Activity
For the word "unfoldable", tally the lines of the data that contain it and give the tally alone.

Working data
==================================================

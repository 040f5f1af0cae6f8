-- ===== src/Sftp/Requests/Probes.antt =====
-- sftp.cc: the answers to the requests of type(), and what they show.
use Prim.Native.Nat.{◌<◌}
use hbackup.Prelude.{
  ℕ, ◌+◌, ◌≡◌, refl, sym, ap, ◌∙◌, inl, inr, [], append-nil, Bool, true, false, length, get_or,
  Bytes, arith, ◌==◌, if◌then◌else◌, Bool-cases,
}
use hbackup.Outcome.{Result, ok, err, sftp_file_error}
use hbackup.Filesystem.{Filetype, regular_file, directory, symbolic_link, unknown_file_type}
use hbackup.Sftp.Wire.{word_size, pack_uint8, pack_uint32, pack_string, unpack_string, Status}
use hbackup.Sftp.Wire.Laws.{IsStatus, pack_status, unpack_string-pack_string}
use hbackup.Sftp.Check.{check, errno_of, status_reply, reply_word}
use hbackup.Sftp.Requests.{path_request}
use hbackup.Sftp.Requests.Fallback.{check-verdict, verdict}
use hbackup.Sftp.Requests.Types.{check_missing}

-- The answer to a request to open a path: a status, or a handle.
pub data Probe : Type 0 where
  refused : Status → Probe
  opened : (handle : Bytes) → Probe

unfoldable pub bytes_of : ℕ → Probe → Bytes
bytes_of id (refused st) = status_reply id st
bytes_of id (opened handle) = path_request 102 id handle

-- Its fields fit their words.
unfoldable pub Fits : Probe → Type 0
Fits (refused st) = IsStatus st
Fits (opened handle) = length handle < word_size

-- What the path is, once it is known to exist.
unfoldable pub found : Filetype → Probe → Bool → Filetype
found t opendir true = symbolic_link
found t (opened handle) false = directory
found t (refused st) false = t

-- By the answers to the opening of a file and of a directory, and whether the path is a link.
unfoldable pub finding : Probe → Probe → Bool → Result Filetype
finding (refused st) opendir link =
    if st.status == 2 then err (sftp_file_error 2 2) else ok (found unknown_file_type opendir link)
finding (opened handle) opendir link = ok (found regular_file opendir link)

pub type_of :
    (id : ℕ) (p : Probe) → get_or (bytes_of id p) 0 0 ≡ elim p [ refused _ ↦ 101 | opened _ ↦ 102 ]
unfolding bytes_of path_request status_reply pack_status pack_string pack_uint32 pack_uint8
type_of id (refused st) = refl
type_of id (opened handle) = refl

pub handle_of :
    (id : ℕ) (handle : Bytes)
    → length handle < word_size
    → (i : ℕ) × (unpack_string (path_request 102 id handle) 5 ≡ ok (handle, i))
unfolding path_request
handle_of id handle small =
    let head = pack_uint32 (pack_uint8 [] 102) id in
    let five : length head ≡ 5 = unfold pack_uint32 pack_uint8 in refl in
    (
      length head + 4 + length handle,
      ap (λ n. unpack_string (pack_string head handle) n) (sym five)
          ∙ ap (λ b. unpack_string b (length head)) (sym (append-nil _))
          ∙ unpack_string-pack_string head [] handle small,
    )

pub refused_two : verdict 2 ≡ err (sftp_file_error 2 2)
unfolding verdict errno_of
refused_two = refl

-- The first answer is that of a missing file, or not.
unfoldable pub missing_status : Probe → Bool
missing_status (refused st) = st.status == 2
missing_status (opened handle) = false

unfoldable pub shown : Probe → Filetype → Filetype → Filetype
shown (refused st) as_found t = t
shown (opened handle) as_found t = as_found

pub finding_missing :
    (openfile opendir : Probe) (link : Bool)
    → missing_status openfile ≡ true
    → err (sftp_file_error 2 2) ≡ finding openfile opendir link
unfolding finding missing_status
finding_missing (refused st) opendir link m = rw m refl
finding_missing (opened handle) opendir link m = cc

pub found-shown :
    (opendir : Probe) (link : Bool) (t : Filetype)
    → (if link then symbolic_link else shown opendir directory t) ≡ found t opendir link
unfolding found shown
found-shown (refused st) true t = refl
found-shown (refused st) false t = refl
found-shown (opened handle) true t = refl
found-shown (opened handle) false t = refl

pub finding_found :
    (openfile opendir : Probe) (link : Bool)
    → missing_status openfile ≡ false
    → ok (
        if link
        then symbolic_link
        else shown opendir directory (shown openfile regular_file unknown_file_type))
      ≡ finding openfile opendir link
unfolding finding missing_status shown
finding_found (refused st) opendir link m =
    rw m (ap ok (found-shown opendir link unknown_file_type))
finding_found (opened handle) opendir link m = ap ok (found-shown opendir link regular_file)

pub check_missing-Probe :
    (id : ℕ) (p : Probe)
    → id < word_size
    → Fits p
    → check_missing (get_or (bytes_of id p) 0 0) (bytes_of id p)
      ≡ (if missing_status p then err (sftp_file_error 2 2) else ok tt)
unfolding check_missing missing_status Fits bytes_of
check_missing-Probe id (opened handle) small v =
    ap (λ r. check_missing r (path_request 102 id handle)) (type_of id (opened handle))
check_missing-Probe id (refused st) small v =
    let (i, e) = reply_word id st v in
    let word : check_missing 101 (status_reply id st)
        ≡ (if st.status == 2 then check (status_reply id st) false else ok tt) =
      rw e refl in
    ap (λ r. check_missing r (status_reply id st)) (type_of id (refused st))
    ∙ word
    ∙ elim (Bool-cases (st.status == 2)) [
      | inl m ↦
          let two : st.status ≡ 2 = ground (arith, m) in
          rw m (check-verdict id st small v ∙ rw two refused_two)
      | inr m ↦ rw m refl
    ]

==================================================

Reply
6